§ Directions for this task:
Going line by line through the entries below, tally those that hold the string "zero". Give only the total.

Dataset items:
___

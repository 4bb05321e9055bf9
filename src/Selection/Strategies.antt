-- ===== src/Selection/Strategies.antt =====
-- The strategies of `select_peer` (src/peer_peers.py) and `select_session` (src/peer_registry.py).
-- `lower` is `str.lower`, and `number` is `int()` of a text for which `isdigit` holds.
use peer_chat.Base.{
  ℕ, String, ◌≡◌, Bool, true, false, ◌&&◌, ◌||◌, Option, none, some, List, [], ◌∷◌, select,
  if◌then◌else◌, ◌==◌, leb, nat_eq, All, Bool-cases, inl, inr, some_inj, zero, suc,
}
use peer_chat.Base.Int.{pos}
use peer_chat.Base.Json.{Value, int, str, Fields, end, field, member, is_obj, is_str, is_text}
use peer_chat.Base.Text.{prefix, strip, text_length}
use peer_chat.Peers.{Host, all_peers, text_of}
use peer_chat.Selection.{Choice, choose, choose-none_match}

-- `peers.values()`
abbrev pub values : Fields → List Value
values end = []
values (field key v rest) = v ∷ values rest

-- `text.startswith(start)`
abbrev pub starts_with : String → String → Bool
starts_with text start = prefix (text_length start) text == start

-- `isinstance(r.get("name"), str) and r["name"].lower() == selector.lower()`
abbrev pub same_name : (String → String) → String → Value → Bool
same_name lower selector r = elim (member r "name") [
  | str name ↦ lower name == lower selector
  | _ ↦ false
]

abbrev pub peer_strategies : (String → String) → String → List (Value → Bool)
peer_strategies lower selector =
    (λ r. is_text (member r "key") selector)
    ∷ (λ r. is_text (member r "name") selector)
    ∷ same_name lower selector
    ∷ (λ r.
        leb 8 (text_length selector)
        && (starts_with (text_of (member r "key")) selector
            || starts_with (text_of (member r "thread")) selector))
    ∷ []

-- `select_peer`; `none` is its error for a selector that is blank.
unfoldable pub select_peer : (String → String) → Host → Value → Value → Option (Choice Value)
select_peer lower host config (str s) =
    if strip s == ""
    then none
    else some (choose (peer_strategies lower (strip s)) (values (all_peers host config)))
select_peer lower host config _ = none

abbrev pub is_number_of : (String → Option ℕ) → String → Value → Bool
is_number_of number digits v = elim (number digits) [
  | none ↦ false
  | some n ↦ (elim v [ int (pos k) ↦ nat_eq k n | _ ↦ false ])
]

-- `selector[4:]`
abbrev pub drop : ℕ → String → String
drop zero s = s
drop (suc n) String.[] = ""
drop (suc n) (String.◌∷◌ c s) = drop n s

abbrev pub session_strategies :
    (String → String) → (String → Option ℕ) → String → List (Value → Bool)
session_strategies lower number selector =
    (λ r. is_text (member r "id") selector)
    ∷ (λ r. is_text (member r "name") selector)
    ∷ same_name lower selector
    ∷ (λ r.
        leb 8 (text_length selector)
        && (is_str (member r "id") && starts_with (text_of (member r "id")) selector))
    ∷ (λ r. starts_with selector "pid:" && is_number_of number (drop 4 selector) (member r "pid"))
    ∷ []

abbrev pub of_kind : Option String → Value → Bool
of_kind kind r = is_obj r && (elim kind [ none ↦ true | some k ↦ is_text (member r "kind") k ])

-- `select_session`
unfoldable pub select_session :
    (String → String)
    → (String → Option ℕ)
    → List Value
    → Value
    → Option String
    → Option (Choice Value)
select_session lower number rows (str s) kind =
    if strip s == ""
    then none
    else some (choose (session_strategies lower number (strip s)) (select (of_kind kind) rows))
select_session lower number rows _ kind = none

-- No session is reported as missing that a strategy finds: neither the exact id, nor the name in any
-- case, nor a prefix of eight characters of the id, nor the process number of a row of that kind.
pub select_session-none_match :
    (lower : String → String) (number : String → Option ℕ) (rows : List Value) (s : String)
    (kind : Option String)
    → select_session lower number rows (str s) kind ≡ some Choice.none_match
    → All
        (λ p. select p (select (of_kind kind) rows) ≡ [])
        (session_strategies lower number (strip s))
unfolding select_session
select_session-none_match lower number rows s kind h = elim (Bool-cases (strip s == "")) [
  | inl e ↦ cc (rw e at h)
  | inr e ↦
      choose-none_match (session_strategies lower number (strip s)) (select (of_kind kind) rows)
        (some_inj _ Choice.none_match (rw e at h))
]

___

§ Response to the exercise:
2